Of course, what has happened to the outside of my body is only half the story and there is so much more going on inside my body.
It has become a ticking time bomb. The body I had finally grown to love no longer loves me back.
With my BRCA1 diagnosis, I now have to think about whether I opt for drastic risk reducing surgery - the removal of my beloved breasts - the two proud domes, which still sit pretty much where they're supposed to, even in shape and size, full, round mounds. They have served me well and brought me much welcome attention. I have exposed them on many occasions - often inappropriately.

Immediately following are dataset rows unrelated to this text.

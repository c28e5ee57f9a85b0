-- ===== src/Http/Examples.antt =====
-- Runs of the maps, the method names and the printing of messages.
use mingfwq.Prelude.{
  bytes_order, ℕ, ◌≡◌, refl, true, false, some, List, [], ◌∷◌, ◌++◌, if◌then◌else◌, codes, arith,
}
use mingfwq.Prelude.Decimal.{decimal}
use mingfwq.Http.{case_insensitive_less, strcasecmp, folded, c_str, to_lower}
use mingfwq.Http.Method.{
  http_method_to_string, chars_to_http_method, http_status_to_string, status_case, match_chars,
}
use mingfwq.Http.Method.Naming.{chars_to_http_method-append}
use mingfwq.Http.Fields.{same_name}
use mingfwq.Http.Printing.{
  version_text, connection_text, print_headers, print_length, print_field, is_connection,
}
use mingfwq.Http.Reading.{Lacks, receive, IsUnspaced}
use mingfwq.Http.Reading.Sent.{GivesNoLength}
use mingfwq.Http.Request.{
  HttpRequest, request_line, request_end, request_dump, set_header, get_header, get_param,
  get_cookie,
}
use mingfwq.Http.Request.Maps.{IsValid, set_header-IsValid}
use mingfwq.Http.Request.Dump.{IsSendable, sent_line, sent_request, receive-request_dump}
use mingfwq.Http.Reading.Firsts.{read_request_line, read_status_line}
use mingfwq.Http.Response.{HttpResponse, make_http_response, status_line, response_dump}
use mingfwq.Http.Response
use mingfwq.Http.Response.Dump.{sent_response, receive-response_dump}

-- A POST of two bytes with two headers.
abbrev post : HttpRequest
post = record {
  method = 3;
  version = 17;
  close = true;
  path = codes "/a";
  query = codes "b=1";
  fragment = [];
  body = codes "hi";
  headers =
      record { name = codes "Connection"; value = codes "upgrade" }
      ∷ record { name = codes "Host"; value = codes "x" }
      ∷ [];
  params = [];
  cookies = [];
}

abbrev reply : HttpResponse
reply = record {
  status = 404;
  version = 17;
  close = false;
  body = codes "gone";
  reason = [];
  headers = record { name = codes "Server"; value = codes "s" } ∷ [];
}

abbrev post_text : List ℕ
post_text =
    codes "POST /a?b=1 HTTP/1.1"
    ++ (13 ∷ 10 ∷ codes "connection: close")
    ++ (13 ∷ 10 ∷ codes "Host:x")
    ++ (13 ∷ 10 ∷ codes "content-length: 2")
    ++ (13 ∷ 10 ∷ 13 ∷ 10 ∷ codes "hi")
    ++ (13 ∷ 10 ∷ [])

post_printed : request_dump post ≡ post_text
unfolding request_dump http_method_to_string version_text connection_text print_headers print_length
    print_field decimal is_connection strcasecmp bytes_order folded c_str to_lower request_end
    request_line
post_printed = refl

reply_first : status_line reply ≡ codes "HTTP/1.1 404 Not Found"
unfolding status_line version_text decimal http_status_to_string status_case
reply_first = refl

getx_is_get : chars_to_http_method (codes "GETX / HTTP/1.1") ≡ 1
unfolding chars_to_http_method match_chars c_str
getx_is_get = refl

chars_to_http_method-append_example :
    chars_to_http_method (http_method_to_string 7 ++ codes " / HTTP/1.1") ≡ 7
chars_to_http_method-append_example =
    chars_to_http_method-append 7 (codes " / HTTP/1.1") (omega arith)

post-IsValid : IsValid post
unfolding case_insensitive_less strcasecmp bytes_order folded c_str to_lower
post-IsValid = record { headers = ((refl, tt), (tt, tt)); params = tt; cookies = tt }

set_header-IsValid_example :
    IsValid (set_header (codes "HOST") (codes "y") post)
    × ((q def : List ℕ)
        → (get_header q def (set_header (codes "HOST") (codes "y") post)
            ≡ (if same_name q (codes "HOST") then codes "y" else get_header q def post))
          × (get_param q def (set_header (codes "HOST") (codes "y") post) ≡ get_param q def post)
          × (get_cookie q def (set_header (codes "HOST") (codes "y") post) ≡ get_cookie q def post))
set_header-IsValid_example = set_header-IsValid (codes "HOST") (codes "y") post post-IsValid

post-IsSendable : IsSendable post
unfolding Lacks IsUnspaced GivesNoLength request_line http_method_to_string version_text decimal
    strcasecmp bytes_order folded c_str to_lower
post-IsSendable = record {
  first_line = ground arith;
  method_word = ground arith;
  target = record {
    path_word = ground arith;
    path_mark = ground arith;
    path_hash = ground arith;
    query_word = ground arith;
    query_hash = ground arith;
    fragment_word = ground arith;
  };
  header_lines = (
    record {
      name_line = ground arith;
      name_colon = ground arith;
      value_line = ground arith;
      value_space = refl;
    },
    (
      record {
        name_line = ground arith;
        name_colon = ground arith;
        value_line = ground arith;
        value_space = refl;
      },
      tt,
    ),
  );
  own_length = (refl, (refl, tt));
}

receive-request_dump_example :
    (first : List ℕ) × (receive (request_dump post) ≡ some (sent_request post first))
    × (read_request_line first ≡ sent_line post)
receive-request_dump_example = receive-request_dump post post-IsSendable

reply-IsSendable : Response.Dump.IsSendable reply
unfolding Lacks IsUnspaced GivesNoLength status_line http_status_to_string status_case version_text
    decimal strcasecmp bytes_order folded c_str to_lower
reply-IsSendable = record {
  first_line = ground arith;
  header_lines = (
    record {
      name_line = ground arith;
      name_colon = ground arith;
      value_line = ground arith;
      value_space = refl;
    },
    tt,
  );
  own_length = (refl, tt);
}

receive-response_dump_example :
    (first : List ℕ) × (receive (response_dump reply) ≡ some (sent_response reply first))
    × (read_status_line first ≡ Response.Dump.sent_line reply)
receive-response_dump_example = receive-response_dump reply reply-IsSendable
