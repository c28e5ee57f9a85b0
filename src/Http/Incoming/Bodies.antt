-- ===== src/Http/Incoming/Bodies.antt =====
-- The body that is received behind a head, over a stream that does not fail.
use mingfwq.Prelude.{
  ℕ, ◌+◌, ◌-◌, ◌^◌, ◌≤◌, ◌<◌, ◌≡◌, ap, ◌∙◌, inl, inr, true, Option, List, [], ◌++◌, ltb→lt, ltb,
  length, take, drop, drop-all, replicate, length-replicate, append-nil, arith, Bool-cases,
}
use mingfwq.Stream.{Outcome, returned, read_fix_size}
use mingfwq.Stream.Reading.{IsSource, Filled, read_fix_size-Filled}
use mingfwq.Http.Incoming.{Reply, message, closed, is_positive, fill_body, receive_body}

module _ {M S : Type 0} (set_body : List ℕ → M → M) (pending : S → List ℕ) where
  -- What becomes of a body of `total` bytes, the first `offset` of them in the buffer: without any
  -- to come, and only then, the message is as it was; else they are read and make up the body, or
  -- the stream ends first.
  pub data BodyReply (total : ℕ) (buffer : List ℕ) (offset : ℕ) (m : M) (s : S)
      : Reply M S → Type 0 where
    kept : total ≤ offset → BodyReply total buffer offset m s (message m s)
    filled :
        (back : List ℕ) (after : S)
        → offset < total
        → offset + length back ≡ total
        → pending s ≡ back ++ pending after
        → BodyReply total buffer offset m s
            (message (set_body (take offset buffer ++ back) m) after)
    short :
        (got : List ℕ) (after : S)
        → offset + length got < total
        → pending s ≡ got ++ pending after
        → BodyReply total buffer offset m s (closed after)

  filled_back :
      (n : ℕ) (more : List ℕ) → length more ≡ n → more ++ drop (length more) (replicate n 0) ≡ more
  filled_back n more e =
      ap (λ l. more ++ l)
        (drop-all (length more) (replicate n 0) (omega (arith, e, length-replicate {A = ℕ} n 0)))
      ∙ append-nil more

  fill_body-message :
      (front back : List ℕ) (rt : ℕ) (m : M) (s : S)
      → 0 < rt
      → rt < 2 ^ 31
      → fill_body set_body front m (returned rt back s) ≡ message (set_body (front ++ back) m) s
  unfolding fill_body
  fill_body-message front back rt m s p q = ground (arith, p, q)

  fill_body-BodyReply :
      (total : ℕ) (buffer : List ℕ) (offset : ℕ) (m : M) (s : S) (o : Outcome S)
      → offset < total
      → total < 2 ^ 31
      → Filled pending (total - offset) [] (replicate (total - offset) 0) s o
      → BodyReply total buffer offset m s (fill_body set_body (take offset buffer) m o)
  unfolding fill_body
  fill_body-BodyReply total buffer offset m s o l b e = rw e.outcome (elim e.complete [
    | inl (count, all) ↦ rw (filled_back (total - offset) e.more (omega (arith, all))) (
        rw
          (fill_body-message (take offset buffer) e.more e.count m e.after (omega (arith, count, l))
            (omega (arith, count, b)))
          (filled e.more e.after l (omega (arith, all, l)) e.taken))
    | inr (count, some_left) ↦ rw count (short e.more e.after (omega (arith, some_left, l)) e.taken)
  ])

  pub receive_body-BodyReply :
      (read : S → ℕ → Option (List ℕ) × S) (fuel total : ℕ) (buffer : List ℕ) (offset : ℕ) (m : M)
      (s : S)
      → IsSource read pending
      → total < 2 ^ 31
      → total < fuel
      → BodyReply total buffer offset m s (receive_body read set_body fuel total buffer offset m s)
  unfolding receive_body
  receive_body-BodyReply read fuel total buffer offset m s source b f =
      elim (Bool-cases (ltb offset total)) [
        | inl l ↦
            let left : ℕ = total - offset in
            let positive : is_positive total ≡ true = ground (arith, l, b) in
            rw (positive, l)
              (fill_body-BodyReply total buffer offset m s
                (read_fix_size read fuel left (replicate left 0) s) (ltb→lt offset total l) b
                (read_fix_size-Filled read pending fuel left (replicate left 0) s source
                  (omega (arith, f)) (omega (arith, length-replicate {A = ℕ} left 0))
                  (omega (arith, b))))
        | inr l ↦ elim (Bool-cases (is_positive total)) [
          | inl p ↦ rw (p, l) (kept (ground (arith, l)))
          | inr p ↦ rw p (kept (ground (arith, l)))
        ]
      ]
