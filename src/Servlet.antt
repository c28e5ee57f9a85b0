-- ===== src/Servlet.antt =====
-- mingfwq/http/servlet.h and mingfwq/http/servlet.cpp: which servlet handles the path of a request.
--
-- A servlet is a name, and a null pointer is `none`. `fnmatch` is the function of the C library:
-- whether a pattern matches a string. The unordered map is a list of entries with a key each, the
-- vector of patterns a list. `serve` runs the servlet of a name on what the request, the response
-- and the session are.
pub mod Routes
pub mod Patterns
mod Examples
use mingfwq.Prelude.{
  ℕ, Bool, true, false, Option, none, some, List, [], ◌∷◌, ◌++◌, if◌then◌else◌, same,
}

pub record Entry : Type 0 where
  pub uri : List ℕ
  pub servlet : Option ℕ

pub record ServletDispath : Type 0 where
  pub datas : List Entry
  pub globs : List Entry
  pub default : Option ℕ

-- The entry of a URI, found by ==.
unfoldable pub find : List ℕ → List Entry → Option (Option ℕ)
find uri [] = none
find uri (e ∷ es) = let later = find uri es in if same uri e.uri then some e.servlet else later

-- m_datas[uri] = slt
pub assign : List ℕ → Option ℕ → List Entry → List Entry
assign uri slt [] = record { uri = uri; servlet = slt } ∷ []
assign uri slt (e ∷ es) =
    let later = assign uri slt es in
    if same uri e.uri then record e { servlet = slt } ∷ es else e ∷ later

-- m_datas.erase(uri)
pub erase : List ℕ → List Entry → List Entry
erase uri [] = []
erase uri (e ∷ es) = let later = erase uri es in if same uri e.uri then es else e ∷ later

-- ServletDispath::ServletDispath, with the name of its NotFoundServlet.
unfoldable pub make_servlet_dispath : ℕ → ServletDispath
make_servlet_dispath not_found = record { datas = []; globs = []; default = some not_found }

-- addServlet
pub add_servlet : List ℕ → Option ℕ → ServletDispath → ServletDispath
unfolding assign
add_servlet uri slt d = record d { datas = assign uri slt d.datas }

-- delServlet
pub del_servlet : List ℕ → ServletDispath → ServletDispath
unfolding erase
del_servlet uri d = record d { datas = erase uri d.datas }

-- setDefault
pub set_default : Option ℕ → ServletDispath → ServletDispath
set_default slt d = record d { default = slt }

-- The null pointer for what is not found.
abbrev pub or_null : Option (Option ℕ) → Option ℕ
or_null none = none
or_null (some s) = s

-- getServlet
pub get_servlet : List ℕ → ServletDispath → Option ℕ
unfolding find
get_servlet uri d = or_null (find uri d.datas)

-- getGlobServlet
pub get_glob_servlet : List ℕ → ServletDispath → Option ℕ
unfolding find
get_glob_servlet uri d = or_null (find uri d.globs)

-- getMatchedServlet
unfoldable pub get_matched_servlet : List ℕ → ServletDispath → Option ℕ
get_matched_servlet uri d = elim (find uri d.datas) [
  | some s ↦ s
  | none ↦ elim (find uri d.globs) [ some s ↦ s | none ↦ d.default ]
]

-- handle, which returns 0.
unfoldable pub handle : {R : Type 0} → (ℕ → R → R) → List ℕ → ServletDispath → R → R
unfolding get_matched_servlet
handle serve path d r = elim (get_matched_servlet path d) [ none ↦ r | some s ↦ serve s r ]

module _ (fnmatch : List ℕ → List ℕ → Bool) where
  -- The loop of addGlobServlet and delGlobServlet: the first pattern that matches goes.
  pub erase_match : List ℕ → List Entry → List Entry
  erase_match uri [] = []
  erase_match uri (e ∷ es) =
      let later = erase_match uri es in if fnmatch e.uri uri then es else e ∷ later

  -- addGlobServlet
  pub add_glob_servlet : List ℕ → Option ℕ → ServletDispath → ServletDispath
  unfolding erase_match
  add_glob_servlet uri slt d = record d {
    globs = erase_match uri d.globs ++ record { uri = uri; servlet = slt } ∷ [];
  }

  -- delGlobServlet
  pub del_glob_servlet : List ℕ → ServletDispath → ServletDispath
  unfolding erase_match
  del_glob_servlet uri d = record d { globs = erase_match uri d.globs }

These glands - the essence of my femininity which have brought me exquisite and immense physical pleasure - have become my nemesis, enemies, bringing now the threat of disease and pain.
Their removal would not only scar me physically but also have a profound effect on me mentally and emotionally, more so than losing my womb. External v internal.
Today, I am learning to be grateful for the body I have. It is having to withstand gruelling treatment and I am rewarding it by loving it for what it is - alive!
PS yes, all the photos are indeed me. I am so pleased that my love affair with my body encouraged me to have not one, but two, boudoir photography sessions. I have these photos to remember how I once looked. I am planning another soon to celebrate my new body.